Japanese American Alliance?

By the start of the 1900s the United States and Japanese Empire forms an alliance. How would this happen and what would be the impact of it? How would this effect both countries? What would be the overall impact? Maybe Japan and America form an alliance as a counter to the European powers? Maybe America gives Japan more of a free hand in Asia and support them even if the Europeans don’t? Basically besides for their current holds in the Pacific they leave most of the region for Japan to do as they wish while they focus on the Americas. Propaganda in America could depict the Co prosperity sphere as similar to the Monroe Doctrine.
 
Until Japan started their expansion in China proper they got along with the US mostly just fine. Outside some sternly worded letters, the US never seemed to care overmuch about Japanese expansion until they turned China into their personal quagmire. Relations soured when the US tried to force Japanese withdraw from China with economic sanctions. If Japan stays out of China after WWI (or approaches the situation differently) then they'd be a strong ally for the US against communism further into the century, which the Japanese government in the 20's and 30's hated with a McCarthy-esque passion. Much of Japan's expansion in China was domestically portrayed as a fight against communism.

As a relevant note, Japan and Britain got along great with Britain actually training much of the early Japanese navy's officer class. And don't forget that Japan was on the Entente's side in WWI.

I doubt the US would directly ally with Japan before the 1920s or 30s at the very earliest. In this period the US is still wildly isolationist and mostly didn't care about balances of power and even a friendly Japan would still have politics that were unpopular in the US. Also, now that I think about it I'm not sure that the US was allies with anybody before WWI.

I think a US-Imperial Japan alliance aimed at containing communism, China, and Russia in East Asia is perfectly reasonable a little later in the century if Japan can keep themselves from making a mess of China, forcing the US to act and impose sanctions.
 
By the start of the 1900s the United States and Japanese Empire forms an alliance. How would this happen and what would be the impact of it? How would this effect both countries? What would be the overall impact? Maybe Japan and America form an alliance as a counter to the European powers? Maybe America gives Japan more of a free hand in Asia and support them even if the Europeans don’t? Basically besides for their current holds in the Pacific they leave most of the region for Japan to do as they wish while they focus on the Americas. Propaganda in America could depict the Co prosperity sphere as similar to the Monroe Doctrine.

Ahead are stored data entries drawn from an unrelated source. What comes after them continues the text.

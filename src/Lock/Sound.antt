-- ===== src/Lock/Sound.antt =====
-- The invariant of the callers of hold, and that an attempt and a release keep it.
use mokey.Base.{
  Bool-cases, Option-cases, String, ap, arith, concat, eq_iff, false, inl, inr, ltb, none, refl,
  some, string_eq, sym, true, ℕ, ◌+◌, ◌<◌, ◌==◌, ◌∙◌, ◌≡◌, ◌≢◌, ◌≤◌, ◌⊎◌,
}
use mokey.Lock.Commands.{Redis, IsRedis, IsKept}
use mokey.Lock.{
  Holder, store_lock_prefix, store_lock_ttl, holding, attempt, waiting, release,
  store_unlock_script, unlocked, idle,
}
use mokey.Lock.System.{World, token_of, update, update-cases}

abbrev pub lock_of : String → String
lock_of key = concat store_lock_prefix key

-- Redis keeps the token of a holder until its time to live ends; tokens are of one caller each.
pub record IsSound (redis : Redis) (key : String) (w : World redis key) : Type 0 where
  pub kept :
      (i : ℕ) (token : String) (since t : ℕ)
      → w.callers i ≡ holding token since
      → w.now ≤ t
      → t < since + store_lock_ttl
      → redis.get w.store t (lock_of key) ≡ some token
  pub distinct :
      (i j : ℕ) (token : String)
      → token_of (w.callers i) ≡ some token
      → token_of (w.callers j) ≡ some token
      → i ≡ j

module _ (redis : Redis) (works : IsRedis redis) (key : String) where
  -- What a step of caller `i` has to show: the lock of the others, its own, and its token.
  turn-IsSound :
      (w : World redis key) (i : ℕ) (s : redis.State) (h : Holder)
      → ((j : ℕ) (token : String) (since t : ℕ)
          → i ≢ j
          → w.callers j ≡ holding token since
          → w.now ≤ t
          → t < since + store_lock_ttl
          → redis.get s t (lock_of key) ≡ some token)
      → ((token : String) (since t : ℕ)
          → h ≡ holding token since
          → w.now ≤ t
          → t < since + store_lock_ttl
          → redis.get s t (lock_of key) ≡ some token)
      → ((j : ℕ) (token : String)
          → token_of h ≡ some token
          → token_of (w.callers j) ≡ some token
          → i ≡ j)
      → IsSound redis key w
      → IsSound redis key (record w { store = s; callers = update w.callers i h })
  turn-IsSound w i s h theirs own fresh sound = record {
    kept = λ j token since t e le lt. elim (update-cases w.callers i h j) [
      | inl (same, u) ↦ own token since t (sym u ∙ e) le lt
      | inr (other, u) ↦ theirs j token since t other (sym u ∙ e) le lt
    ];
    distinct = λ j k token e f. elim (update-cases w.callers i h j) [
      | inl (same, u) ↦ elim (update-cases w.callers i h k) [
        | inl (same', u') ↦ sym same ∙ same'
        | inr (other', u') ↦
            sym same ∙ fresh k token (ap token_of (sym u) ∙ e) (ap token_of (sym u') ∙ f)
      ]
      | inr (other, u) ↦ elim (update-cases w.callers i h k) [
        | inl (same', u') ↦
            sym (fresh j token (ap token_of (sym u') ∙ f) (ap token_of (sym u) ∙ e)) ∙ same'
        | inr (other', u') ↦
            sound.distinct j k token (ap token_of (sym u) ∙ e) (ap token_of (sym u') ∙ f)
      ]
    ];
  }

  -- Where the key is free, nobody holds the lock any more.
  free-none :
      (w : World redis key) (j : ℕ) (token : String) (since t : ℕ)
      → IsSound redis key w
      → redis.get w.store w.now (lock_of key) ≡ none
      → w.callers j ≡ holding token since
      → w.now ≤ t
      → t < since + store_lock_ttl
      → ⊥
  free-none w j token since t sound free e le lt =
      let held = sound.kept j token since w.now e (omega arith) (omega (arith, le, lt)) in
      ground (arith, held, free)

  -- A step of caller `i` after which it does not hold the lock and Redis holds what it held.
  pub kept-IsSound :
      (w : World redis key) (i : ℕ) (s : redis.State) (h : Holder)
      → IsKept redis w.store s
      → ((token : String) (since : ℕ) → h ≢ holding token since)
      → ((j : ℕ) (token : String)
          → token_of h ≡ some token
          → token_of (w.callers j) ≡ some token
          → i ≡ j)
      → IsSound redis key w
      → IsSound redis key (record w { store = s; callers = update w.callers i h })
  kept-IsSound w i s h kept not_held fresh sound =
      turn-IsSound w i s h
        (λ j x since t other e le lt. kept t (lock_of key) ∙ sound.kept j x since t e le lt)
        (λ x since t e le lt. absurd (not_held x since e)) fresh sound

  -- The same where the key was free, whatever Redis holds now.
  free-IsSound :
      (w : World redis key) (i : ℕ) (s : redis.State) (h : Holder)
      → redis.get w.store w.now (lock_of key) ≡ none
      → ((token : String) (since t : ℕ)
          → h ≡ holding token since
          → w.now ≤ t
          → t < since + store_lock_ttl
          → redis.get s t (lock_of key) ≡ some token)
      → ((j : ℕ) (token : String)
          → token_of h ≡ some token
          → token_of (w.callers j) ≡ some token
          → i ≡ j)
      → IsSound redis key w
      → IsSound redis key (record w { store = s; callers = update w.callers i h })
  free-IsSound w i s h free own fresh sound =
      turn-IsSound w i s h
        (λ j x since t other e le lt. absurd (free-none w j x since t sound free e le lt)) own fresh
        sound

  pub attempt-IsSound :
      (w : World redis key) (i : ℕ) (token : String) (deadline : ℕ)
      → IsSound redis key w
      → w.callers i ≡ waiting token deadline
      → IsSound redis key (record w {
        store = (attempt redis w.store w.now key token deadline).1;
        callers = update w.callers i (attempt redis w.store w.now key token deadline).0;
      })
  unfolding attempt
  attempt-IsSound w i token deadline sound mine =
      let s' = (redis.set_nx w.store w.now (lock_of key) token store_lock_ttl).1 in
      let same_token =
        λ (j : ℕ) (x : String) (e : some token ≡ some x) (f : token_of (w.callers j) ≡ some x).
          sound.distinct i j x (ap token_of mine ∙ e) f in
      elim (Option-cases (redis.set_nx w.store w.now (lock_of key) token store_lock_ttl).0) [
        | inr (true, e) ↦
            let (free, set) = works.won w.store w.now (lock_of key) token store_lock_ttl e in
            rw e (
              free-IsSound w i s' (holding token w.now) free
                (λ x since t e' le lt.
                  set t (lock_of key)
                  ∙ ground (arith, e', lt, (eq_iff (lock_of key) (lock_of key)).1 refl))
                same_token sound)
        | inr (false, e) ↦
            let (taken, kept) = works.lost w.store w.now (lock_of key) token store_lock_ttl e in
            elim (Bool-cases (ltb deadline w.now)) [
              | inl late ↦
                  rw (e, late)
                    (kept-IsSound w i s' unlocked kept (λ x since e'. ground (arith, e'))
                      (λ j x e' f. absurd (ground (arith, e'))) sound)
              | inr early ↦
                  rw (e, early)
                    (kept-IsSound w i s' (waiting token deadline) kept
                      (λ x since e'. ground (arith, e')) same_token sound)
            ]
        | inl e ↦ elim (works.fails w.store w.now (lock_of key) token store_lock_ttl e) [
          | inl (free, set) ↦ rw e (
              free-IsSound w i s' unlocked free (λ x since t e'. absurd (ground (arith, e')))
                (λ j x e' f. absurd (ground (arith, e'))) sound)
          | inr kept ↦ rw e (
              kept-IsSound w i s' unlocked kept (λ x since e'. ground (arith, e'))
                (λ j x e' f. absurd (ground (arith, e'))) sound)
        ]
      ]

  -- The script takes nothing from Redis but the caller's own token.
  script-cases :
      (s : redis.State) (now : ℕ) (token : String)
      → IsKept redis s (store_unlock_script redis now (lock_of key) token s)
        ⊎ (redis.get s now (lock_of key) ≡ some token)
  unfolding store_unlock_script
  script-cases s now token = elim (Option-cases (redis.get s now (lock_of key))) [
    | inl e ↦
        let same : store_unlock_script redis now (lock_of key) token s ≡ s =
          rw (e, store_unlock_script) refl in
        inl (λ t j. ap (λ z. redis.get z t j) same)
    | inr (x, e) ↦ elim (Bool-cases (x == token)) [
      | inl same ↦ rw e (inr (ap some ((eq_iff x token).0 same)))
      | inr other ↦
          let same : store_unlock_script redis now (lock_of key) token s ≡ s =
            rw (e, store_unlock_script, other) refl in
          inl (λ t j. ap (λ z. redis.get z t j) same)
    ]
  ]

  release-cases :
      (s : redis.State) (now : ℕ) (token : String)
      → IsKept redis s (release redis s now key token).1
        ⊎ (redis.get s now (lock_of key) ≡ some token)
  unfolding release
  release-cases s now token =
      elim (works.runs s (store_unlock_script redis now (lock_of key) token)) [
        | inl ran ↦ elim (script-cases s now token) [
          | inl kept ↦ inl (λ t j. ap (λ z. redis.get z t j) ran ∙ kept t j)
          | inr own ↦ inr own
        ]
        | inr not_run ↦ inl (λ t j. ap (λ z. redis.get z t j) not_run)
      ]

  pub release-IsSound :
      (w : World redis key) (i : ℕ) (token : String) (since : ℕ)
      → IsSound redis key w
      → w.callers i ≡ holding token since
      → IsSound redis key (record w {
        store = (release redis w.store w.now key token).1;
        callers = update w.callers i idle;
      })
  release-IsSound w i token since sound mine = elim (release-cases w.store w.now token) [
    | inl kept ↦
        kept-IsSound w i _ idle kept (λ x t e. ground (arith, e))
          (λ j x e f. absurd (ground (arith, e))) sound
    | inr own ↦
        turn-IsSound w i _ idle
          (λ j x t u other e le lt. absurd (
            other (
              sound.distinct i j x
                (ap token_of mine
                  ∙ (sym own ∙ sound.kept j x t w.now e (omega arith) (omega (arith, le, lt))))
                (ap token_of e))))
          (λ x t u e. absurd (ground (arith, e))) (λ j x e f. absurd (ground (arith, e))) sound
  ]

China is stronger and Russian backed?

The British Empire is still enjoying its century of glorious isolation (although it is worried over such an Alliance changing the great game)

This stronger China threatens to destabilise the region and fearing the Tiger, the Eagle and the Dragon pair up
 
A future TL I am toying with (it will be massive, like one of johnboy's TLs) is a Mahan vs. Mackinder TL - the great maritime powers of the US, Great Britain, and Japan vs. Germany, Russia, and China.
 
China not only emerges from the warlord era earlier and much stronger, but also goes fascist ("neolegalist"?). This startles Japan, Britain, and the USA, and they ultimately decide to put their differences aside to fight this new threat.
 

SsgtC

Banned
A future TL I am toying with (it will be massive, like one of johnboy's TLs) is a Mahan vs. Mackinder TL - the great maritime powers of the US, Great Britain, and Japan vs. Germany, Russia, and China.
Off topic, but considering the quality of your Indian Ocean TL, I would eagerly read this.
 
... Basically besides for their current holds in the Pacific they leave most of the region for Japan to do as they wish while they focus on the Americas. Propaganda in America could depict the Co prosperity sphere as similar to the Monroe Doctrine.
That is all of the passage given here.